Function Overloading

Overloading allows you to create multiple functions of the same name with different implementations.

• two or more methods in one class have the same method name but different in # or types of parameters

We can do this for regular functions, or do it for Constructor overloading.

Overloading vs Overriding

Example (taken from Wikipedia)

#include <iostream>
 
int Volume(int s) { // Volume of a cube.
 return s * s * s;
}
 
double Volume(double r, int h) { // Volume of a cylinder.
 return 3.1415926 * r * r * static_cast<double>(h);
}
 
long Volume(long l, int b, int h) { // Volume of a cuboid.
 return l * b * h;
}
 
int main() {
 std::cout << Volume(10);
 std::cout << Volume(2.5, 8);
 std::cout << Volume(100l, 75, 15);
}

We can also overload based on different types of arguments:

bool negate(bool b) {
	return !b;
}
int negate(int x) {
	return -x;
}

You CANNOT overload based on return type

You cannot overload based solely on return type. The overloaded function must differ based on different number of arguments and the type of arguments.

Why? Because the return type does not participate in the function signature, which is used by the compiler to differentiate between overloaded functions.

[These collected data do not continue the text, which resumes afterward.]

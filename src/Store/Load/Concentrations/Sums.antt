-- ===== src/Store/Load/Concentrations/Sums.antt =====
-- The stakes by data centre, and the epochs they are given for.
use delegation_strategy.Prelude.{
  ℤ, ℕ, zero, suc, ◌+◌, ◌-◌, ◌%◌, ◌<◌, ◌≡◌, refl, sym, ap, subst, ap₂, ◌∙◌, String, some, List, [],
  ◌∷◌, HashMap, values, map, update, get, get-update, or_default, add_u64, u64_mod, sum, sum_u64,
  min, keep, holds, string_discrete, All, F64, arith,
}
use delegation_strategy.Store.Query.{Result, ok, and_then-eq-ok, ok_injective}
use delegation_strategy.Store.Dto.Rows.{Validator}
use delegation_strategy.Store.Dto.Records.{DcConcentrationStats}
use delegation_strategy.Store.Load.{to_u64, or_error, get_last_epoch, first_of}
use delegation_strategy.Store.Load.Concentrations.{
  add_stake, full_city, Stakes, no_stakes, aso_of, asn_of, country_of, add_row, stats_of, add_rows,
  epochs_down, load_dc_concentration_stats, dc_stats_from,
}

-- Adding a stake under a key adds it to the stakes of all keys.
sum_u64-add_stake :
    (k : String) (x : ℕ) (m : HashMap String ℕ)
    → sum_u64 (values (add_stake k x m)) ≡ add_u64 (sum_u64 (values m)) x
unfolding update sum_u64
sum_u64-add_stake k x [] = omega arith
sum_u64-add_stake k x ((j, v) ∷ m) = ground (arith, sum_u64-add_stake k x m)

module _ {Float : Type 0} (key : Validator Float → String) where
  abbrev pub stakes_by : List (Validator Float) → HashMap String ℕ → HashMap String ℕ
  stakes_by [] m = m
  stakes_by (v ∷ rows) m = stakes_by rows (add_stake (key v) v.activated_stake m)

  -- The stakes of the rows that have a key.
  abbrev pub stakes_with : String → List (Validator Float) → List ℕ
  stakes_with k rows =
      map (λ v. v.activated_stake) (keep (λ v. holds (string_discrete (key v) k)) rows)

  get-stakes_by :
      (k : String) (rows : List (Validator Float)) (m : HashMap String ℕ)
      → or_default 0 (get string_discrete k m) < u64_mod
      → or_default 0 (get string_discrete k (stakes_by rows m))
        ≡ (or_default 0 (get string_discrete k m) + sum (stakes_with k rows)) % u64_mod
  get-stakes_by k [] m h = omega (arith, h)
  get-stakes_by k (v ∷ rows) m h =
      let found = get-update string_discrete (key v) k 0 (λ n. add_u64 n v.activated_stake) m in
      let later =
        get-stakes_by k rows (add_stake (key v) v.activated_stake m) (ground (arith, found)) in
      ground (arith, later, found, moved)
    where
      moved : key v ≡ k → get string_discrete (key v) m ≡ get string_discrete k m
      moved e = ap (λ i. get string_discrete i m) e

  sum_u64-stakes_by :
      (rows : List (Validator Float)) (m : HashMap String ℕ)
      → sum_u64 (values (stakes_by rows m)) % u64_mod
        ≡ (sum_u64 (values m) + sum (map (λ v. v.activated_stake) rows)) % u64_mod
  sum_u64-stakes_by [] m = omega arith
  sum_u64-stakes_by (v ∷ rows) m = omega (
    arith,
    sum_u64-stakes_by rows (add_stake (key v) v.activated_stake m),
    sum_u64-add_stake (key v) v.activated_stake m,
  )

-- The `n` epochs from `first` on, the last one first.
abbrev pub down_to : ℕ → ℕ → List ℕ
down_to first zero = []
down_to first (suc n) = (first + n) ∷ down_to first n

sum_u64-lt : (xs : List ℕ) → sum_u64 xs < u64_mod
unfolding sum_u64
sum_u64-lt [] = omega arith
sum_u64-lt (x ∷ xs) = omega arith

module _ (f64 : F64) (show : ℤ → String) {E : Type 0} (out_of_range : E) where
  -- The totals of all rows, from the given ones on.
  abbrev pub all_stakes : List (Validator f64.Float) → Stakes → Stakes
  all_stakes [] s = s
  all_stakes (v ∷ rows) s = all_stakes rows (add_row f64 show v v.activated_stake s)

  to_u64-eq : (n m : ℕ) → or_error out_of_range (to_u64 n) ≡ ok m → n ≡ m
  to_u64-eq n m e = ground arith

  add_rows-ok :
      (rows : List (Validator f64.Float)) (s s' : Stakes)
      → add_rows f64 show out_of_range rows s ≡ ok s'
      → s' ≡ all_stakes rows s
  unfolding add_rows
  add_rows-ok [] s s' e = cc
  add_rows-ok (v ∷ rows) s s' e =
      let (stake, fits, rest) =
        and_then-eq-ok (or_error out_of_range (to_u64 v.activated_stake)) _ s' e in
      add_rows-ok rows (add_row f64 show v stake s) s' rest
      ∙ ap (λ n. all_stakes rows (add_row f64 show v n s))
          (sym (to_u64-eq v.activated_stake stake fits))

  all_stakes-by :
      (rows : List (Validator f64.Float)) (s : Stakes)
      → all_stakes rows s ≡ record {
        total_active_stake = (all_stakes rows s).total_active_stake;
        by_aso = stakes_by (aso_of f64 show) rows s.by_aso;
        by_asn = stakes_by (asn_of f64 show) rows s.by_asn;
        by_city = stakes_by full_city rows s.by_city;
        by_country = stakes_by (country_of f64 show) rows s.by_country;
      }
  all_stakes-by [] s = refl
  all_stakes-by (v ∷ rows) s = all_stakes-by rows (add_row f64 show v v.activated_stake s)

  all_stakes-total :
      (rows : List (Validator f64.Float)) (s : Stakes)
      → s.total_active_stake < u64_mod
      → (all_stakes rows s).total_active_stake
        ≡ (s.total_active_stake + sum (map (λ v. v.activated_stake) rows)) % u64_mod
  all_stakes-total [] s h = omega (arith, h)
  all_stakes-total (v ∷ rows) s h =
      omega (arith, all_stakes-total rows (add_row f64 show v v.activated_stake s) (omega arith))

  -- The stakes by a key: they sum to the total, and each key has those of its rows.
  abbrev pub IsSplit :
      (Validator f64.Float → String) → List (Validator f64.Float) → ℕ → HashMap String ℕ → Type 0
  IsSplit key rows total stakes =
      (sum_u64 (values stakes) ≡ total)
      × ((k : String)
          → or_default 0 (get string_discrete k stakes) ≡ sum (stakes_with key k rows) % u64_mod)

  abbrev pub IsStatsOf : List (Validator f64.Float) → DcConcentrationStats f64.Float → Type 0
  IsStatsOf rows c =
      (c.total_activated_stake ≡ sum (map (λ v. v.activated_stake) rows) % u64_mod)
      × IsSplit (aso_of f64 show) rows c.total_activated_stake c.dc_stake_by_aso
      × IsSplit (asn_of f64 show) rows c.total_activated_stake c.dc_stake_by_asn
      × IsSplit full_city rows c.total_activated_stake c.dc_stake_by_city
      × IsSplit (country_of f64 show) rows c.total_activated_stake c.dc_stake_by_country

  stakes_by-IsSplit :
      (key : Validator f64.Float → String) (rows : List (Validator f64.Float)) (total : ℕ)
      → total ≡ sum (map (λ v. v.activated_stake) rows) % u64_mod
      → IsSplit key rows total (stakes_by key rows [])
  unfolding get sum_u64
  stakes_by-IsSplit key rows total h = (
    omega (arith, h, sum_u64-lt (values (stakes_by key rows [])), sum_u64-stakes_by key rows []),
    λ k. omega (arith, get-stakes_by key k rows [] (omega arith)),
  )

  add_rows-IsStatsOf :
      (epoch : ℕ) (rows : List (Validator f64.Float)) (s : Stakes)
      → add_rows f64 show out_of_range rows no_stakes ≡ ok s
      → IsStatsOf rows (stats_of f64 show epoch s)
  add_rows-IsStatsOf epoch rows s e =
      let total : (all_stakes rows no_stakes).total_active_stake
          ≡ sum (map (λ v. v.activated_stake) rows) % u64_mod =
        omega (arith, all_stakes-total rows no_stakes (omega arith)) in
      subst (λ t. IsStatsOf rows (stats_of f64 show epoch t))
        (sym (add_rows-ok rows no_stakes s e ∙ all_stakes-by rows no_stakes))
        (
          total,
          stakes_by-IsSplit (aso_of f64 show) rows _ total,
          stakes_by-IsSplit (asn_of f64 show) rows _ total,
          stakes_by-IsSplit full_city rows _ total,
          stakes_by-IsSplit (country_of f64 show) rows _ total,
        )

  module _ (rows_at : ℕ → Result E (List (Validator f64.Float))) where
    -- What is given for an epoch.
    abbrev pub IsGiven : DcConcentrationStats f64.Float → Type 0
    IsGiven c = (rows : List (Validator f64.Float)) × (rows_at c.epoch ≡ ok rows) × IsStatsOf rows c

    epochs_down-IsGiven :
        (first n : ℕ) (stats : List (DcConcentrationStats f64.Float))
        → epochs_down f64 show out_of_range rows_at first n ≡ ok stats
        → (map (λ c. c.epoch) stats ≡ down_to first n) × All IsGiven stats
    unfolding epochs_down
    epochs_down-IsGiven first zero stats e =
        subst (λ l. (map (λ c. c.epoch) l ≡ []) × All IsGiven l)
          (ok_injective (ok []) [] stats refl e) (refl, tt)
    epochs_down-IsGiven first (suc n) stats e =
        let (rows, e0, e1) = and_then-eq-ok (rows_at (first + n)) _ stats e in
        let (s, e2, e3) =
          and_then-eq-ok (add_rows f64 show out_of_range rows no_stakes) _ stats e1 in
        let (later, e4, e5) =
          and_then-eq-ok (epochs_down f64 show out_of_range rows_at first n) _ stats e3 in
        let (epochs, given) = epochs_down-IsGiven first n later e4 in
        subst (λ l. (map (λ c. c.epoch) l ≡ down_to first (suc n)) × All IsGiven l)
          (ok_injective (ok _) _ stats refl e5)
          (
            ap (λ l. (first + n) ∷ l) epochs,
            ((rows, e0, add_rows-IsStatsOf (first + n) rows s e2), given),
          )

    -- If loading succeeds, with a last epoch below 2^64 - 1, there are statistics for the last `epochs`
    -- epochs (for fewer, if the last epoch is smaller) from the last one down, and for no other; in each,
    -- the total is the activated stake of the epoch's rows modulo 2^64, the stakes by operator, by
    -- network, by city and by country each sum to the total, and each key has the stake of the rows that
    -- carry it.
    pub load_dc_concentration_stats-IsGiven :
        (table : Result E (List (Validator f64.Float))) (epochs last_epoch : ℕ)
        (stats : List (DcConcentrationStats f64.Float))
        → get_last_epoch table ≡ ok (some last_epoch)
        → last_epoch + 1 < u64_mod
        → load_dc_concentration_stats f64 show out_of_range table rows_at epochs ≡ ok stats
        → (map (λ c. c.epoch) stats
            ≡ down_to (last_epoch + 1 - min epochs last_epoch) (min epochs last_epoch))
          × All IsGiven stats
    unfolding load_dc_concentration_stats
    load_dc_concentration_stats-IsGiven table epochs last_epoch stats found below e =
        let (given, e0, e1) = and_then-eq-ok (get_last_epoch table) _ stats e in
        of_last (
          subst (λ g. dc_stats_from f64 show out_of_range rows_at epochs g ≡ ok stats)
            (ok_injective (get_last_epoch table) given (some last_epoch) e0 found) e1)
      where
        first : first_of last_epoch epochs ≡ last_epoch + 1 - min epochs last_epoch
        first = omega (arith, below)

        of_last :
            dc_stats_from f64 show out_of_range rows_at epochs (some last_epoch) ≡ ok stats
            → (map (λ c. c.epoch) stats
                ≡ down_to (last_epoch + 1 - min epochs last_epoch) (min epochs last_epoch))
              × All IsGiven stats
        of_last h =
            let (listed, given) =
              epochs_down-IsGiven (first_of last_epoch epochs)
                (last_epoch + 1 - first_of last_epoch epochs) stats h in
            (listed ∙ ap₂ down_to first (omega (arith, first)), given)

What happens if you try overloading solely based on return type?

The return types can be different for different overloads, but you need to make sure that at least either the number or type of arguments is different. Else, you will get a compilation error.

Operating Overloading

Seen in CS247.

To perform an operator overload, we define a function with the name “operator” concatenated with the operator symbol.

operator+, operator>>, operator!, operator==,

The number of args must match the arity of the operator. eg:

• • : binary operator - 2 args
• ! : unary operator - 1 arg

Example

// defined inside the class Rational
Rational& operator=(const Rational& rhs) {
	num = rhs.num;
	denom = rhs.denom;
	return *this;
}

Certain Operator overloads need to be inside the class

There are some operator overloads that MUST be defined as methods (as opposed to standalolone functions). These are:

• operator=
• operator[]
• operator->
• operator()
• operator T where T is a type

Remember that when you implement an operator overload as a method of a class, this is the LHS, and the RHS is the argument passed to the operator.

Overloadable / Non-Overloadable Operators

https://www.tutorialspoint.com/cplusplus/cpp_overloading.htm

Note

Operator << and >> are usually defined as standalone functions (outside of the class). Because cin and cout appears on the lhs.

istream& operator>>(istream& in, Rational& r) {
	in >> r.num;
	in >> r.denom;
	return in;
}

Commutativity of Operators (not a thing)

If we want to support r + 5, we implement the following operator

class Rational {
	...
	Rational operator+(int rhs) {
		...
	}
}

However, what about 5 + r? It doesn’t work, because order of arguments matters.

unless we had the following:

Rational operator+(int lhs, const Rational& rhs) {
	return rhs + lhs;
}

• Note that this is a standalone function, defined outside of the class.

In Python

I remember that in Python, we have methods like __add__() and __radd__()

If you want to combine overloading and overriding, consider the Visitor Pattern.